_Aim of the exercise_: Look through the data below and show every line that includes "fault".

== Data to use ==

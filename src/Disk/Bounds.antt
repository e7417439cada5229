-- ===== src/Disk/Bounds.antt =====
-- The sums of "Disk Scheduling/disksim.c" fit an `int`: the head moves at most the whole disk for
-- each request.
use operating_system_basics.Base.{
  false, ◌*◌, ◌^◌, ◌≤◌, List, [], ◌∷◌, arith, All, length, ℤ, pos, ◌+ℤ◌, ◌-ℤ◌, ◌≤ℤ◌, ◌<ℤ◌, abs,
  int_laws, +ℤ_parts,
}
use operating_system_basics.LinkedList.{ListHead}
use operating_system_basics.Disk.{Task, seek_loop, fcfs_loop, cscan_loop, clook_loop}
use operating_system_basics.Disk.Travel.{cylinders, travel, seek_loop-travel}
use operating_system_basics.Disk.Queues.{fcfs_loop-total}
use operating_system_basics.Disk.Geometry.{IsOnDisk}
use operating_system_basics.Disk.Circular.{surplus, cscan_loop-travel, clook_loop-travel}

abbrev pub IsTaskOnDisk : Task → Type 0
IsTaskOnDisk t = IsOnDisk t.cylinder

step-le : (p c : ℤ) → IsOnDisk p → IsOnDisk c → abs (p -ℤ c) ≤ℤ pos 200
step-le p c hp hc = omega int_laws

travel-le :
    (p : ℤ) (ts : List Task)
    → IsOnDisk p
    → All IsTaskOnDisk ts
    → travel p (cylinders ts) ≤ℤ pos (200 * length ts)
unfolding travel
travel-le p [] hp h = omega arith
travel-le p (t ∷ ts) hp h = omega (
  arith,
  +ℤ_parts (abs (p -ℤ t.cylinder)) (travel t.cylinder (cylinders ts)),
  step-le p t.cylinder hp h.0,
  travel-le t.cylinder ts h.0 h.1,
)

surplus-le : (ts : List Task) → surplus ts ≤ 400 * length ts
surplus-le [] = omega arith
surplus-le (t ∷ ts) = ground (arith, surplus-le ts)

-- For a start and at most 3_500_000 entries on the disk, the totals of the loops of all six policies
-- fit an `int`: the loop of SSTF, SCAN and LOOK, that of FCFS, which copies the entries, that of CSCAN
-- and that of CLOOK.
pub totals_fit :
    (library : ListHead Task) (fresh : Task) (rq : library.Head) (start : ℤ) (order : List Task)
    → IsOnDisk start
    → All IsTaskOnDisk order
    → length order ≤ 3500000
    → (seek_loop order (pos 0) start <ℤ pos (2 ^ 31))
      × ((fcfs_loop library fresh order rq (pos 0) start).1 <ℤ pos (2 ^ 31))
      × (cscan_loop order (pos 0, start, false) <ℤ pos (2 ^ 31))
      × (clook_loop order (pos 0, start, false) <ℤ pos (2 ^ 31))
totals_fit library fresh rq start order hs h n =
    let bound = travel-le start order hs h in
    let far = travel start (cylinders order) in
    (
      rw (seek_loop-travel order (pos 0) start) (omega (arith, bound, +ℤ_parts (pos 0) far)),
      rw (fcfs_loop-total library fresh order rq (pos 0) start)
          (omega (arith, bound, +ℤ_parts (pos 0) far)),
      rw (cscan_loop-travel order (pos 0) start) (
          omega (
            arith,
            bound,
            surplus-le order,
            +ℤ_parts (pos 0) far,
            +ℤ_parts (pos 0 +ℤ far) (pos (surplus order)),
          )),
      rw (clook_loop-travel order (pos 0) start) (omega (arith, bound, +ℤ_parts (pos 0) far)),
    )
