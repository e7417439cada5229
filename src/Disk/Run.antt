-- ===== src/Disk/Run.antt =====
-- The six policies of "Disk Scheduling/disksim.c", one after the other as `main` calls them.
use Prim.Native.String.{String}
use operating_system_basics.Base.{ℕ, ◌≡◌, ◌≢◌, refl, sym, ap, ◌∙◌, Option, some, List, [], length}
use operating_system_basics.LinkedList.{ListHead}
use operating_system_basics.Disk.{Task, Sim, run, fcfs_tick, ◌>>=◌}
use operating_system_basics.Disk.Queues.{requests, Total}
use operating_system_basics.Disk.Outcome.{IsLoaded, Served, Serves}
use operating_system_basics.Disk.Ticks.{
  fcfs_tick_lem, sstf_tick_lem, scan_tick_lem, cscan_tick_lem, look_tick_lem, clook_tick_lem,
}

module _ (library : ListHead Task) (fresh : Task) where
  -- What each policy needs of the state, and leaves.
  pub record Keeps (s s' : Sim library fresh) : Type 0 where
    pub loaded : IsLoaded library fresh s'
    pub source : s'.srcrq ≡ s.srcrq

  loaded_of :
      (s s' : Sim library fresh)
      → IsLoaded library fresh s
      → s'.processes ≡ s.processes
      → s'.srcrq ≡ s.srcrq
      → Keeps s s'
  loaded_of s s' e p q = record {
    loaded = p ∙ e ∙ ap (λ h. length (library.entries h)) (sym q);
    source = q;
  }

  Served-Keeps :
      {cmp : Task → Task → ℕ} {name : String} {total : Total} {queued : List Task}
      (s s' : Sim library fresh)
      → IsLoaded library fresh s
      → Served library fresh cmp name total queued s s'
      → Keeps s s'
  Served-Keeps s s' e served = loaded_of s s' e served.same_processes served.same_source

  -- A policy that ends without a fault on a loaded trace with a request, and keeps the trace.
  abbrev Succeeds : (Sim library fresh → Option (Sim library fresh)) → Type 0
  Succeeds f =
      (s : Sim library fresh)
      → IsLoaded library fresh s
      → requests library fresh s ≢ []
      → (s' : Sim library fresh) × (f s ≡ some s') × Keeps s s'

  chain-Succeeds :
      {f g : Sim library fresh → Option (Sim library fresh)}
      → Succeeds f
      → Succeeds g
      → Succeeds (λ s. f s >>= g)
  chain-Succeeds p q s e ne =
      let (t, ok, k) = p s e ne in
      let (u, done, l) = q t k.loaded (λ n. ne (ap library.entries (sym k.source) ∙ n)) in
      (u, rw ok done, record { loaded = l.loaded; source = l.source ∙ k.source })

  served-Succeeds :
      {f : Sim library fresh → Option (Sim library fresh)}
      {cmp : Sim library fresh → Task → Task → ℕ} {name : String} {total : Total}
      {queued : Sim library fresh → List Task}
      → ((s : Sim library fresh)
          → IsLoaded library fresh s
          → requests library fresh s ≢ []
          → Serves library fresh (cmp s) name total (queued s) s (f s))
      → Succeeds f
  served-Succeeds policy s e ne =
      let (s', ok, served) = policy s e ne in (s', ok, Served-Keeps s s' e served)

  fcfs-Succeeds : Succeeds (λ s. some (fcfs_tick library fresh s))
  fcfs-Succeeds s e ne =
      let (out, count, source) = fcfs_tick_lem library fresh s e in
      (fcfs_tick library fresh s, refl, loaded_of s (fcfs_tick library fresh s) e count source)

-- A run of all six policies over a loaded trace with a request ends without a fault, whatever the
-- random bits are, and leaves the trace and the count of its requests as they were.
pub run_lem :
    (library : ListHead Task) (fresh : Task) (r₁ r₂ r₃ r₄ : ℕ) (s : Sim library fresh)
    → IsLoaded library fresh s
    → requests library fresh s ≢ []
    → (s' : Sim library fresh) × (run library fresh r₁ r₂ r₃ r₄ s ≡ some s')
      × Keeps library fresh s s'
unfolding run
run_lem library fresh r₁ r₂ r₃ r₄ = chain-Succeeds library fresh (fcfs-Succeeds library fresh) (
    chain-Succeeds library fresh (served-Succeeds library fresh (sstf_tick_lem library fresh)) (
      chain-Succeeds library fresh
        (served-Succeeds library fresh (λ s e ne. scan_tick_lem library fresh s r₁ e))
        (chain-Succeeds library fresh
          (served-Succeeds library fresh (λ s e ne. cscan_tick_lem library fresh s r₂ e))
          (chain-Succeeds library fresh
            (served-Succeeds library fresh (λ s. look_tick_lem library fresh s r₃))
            (served-Succeeds library fresh (λ s. clook_tick_lem library fresh s r₄))))))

===

_Exercise solution_:
  -- A policy that ends without a fault on a loaded trace with a request, and keeps the trace.
-- A run of all six policies over a loaded trace with a request ends without a fault, whatever the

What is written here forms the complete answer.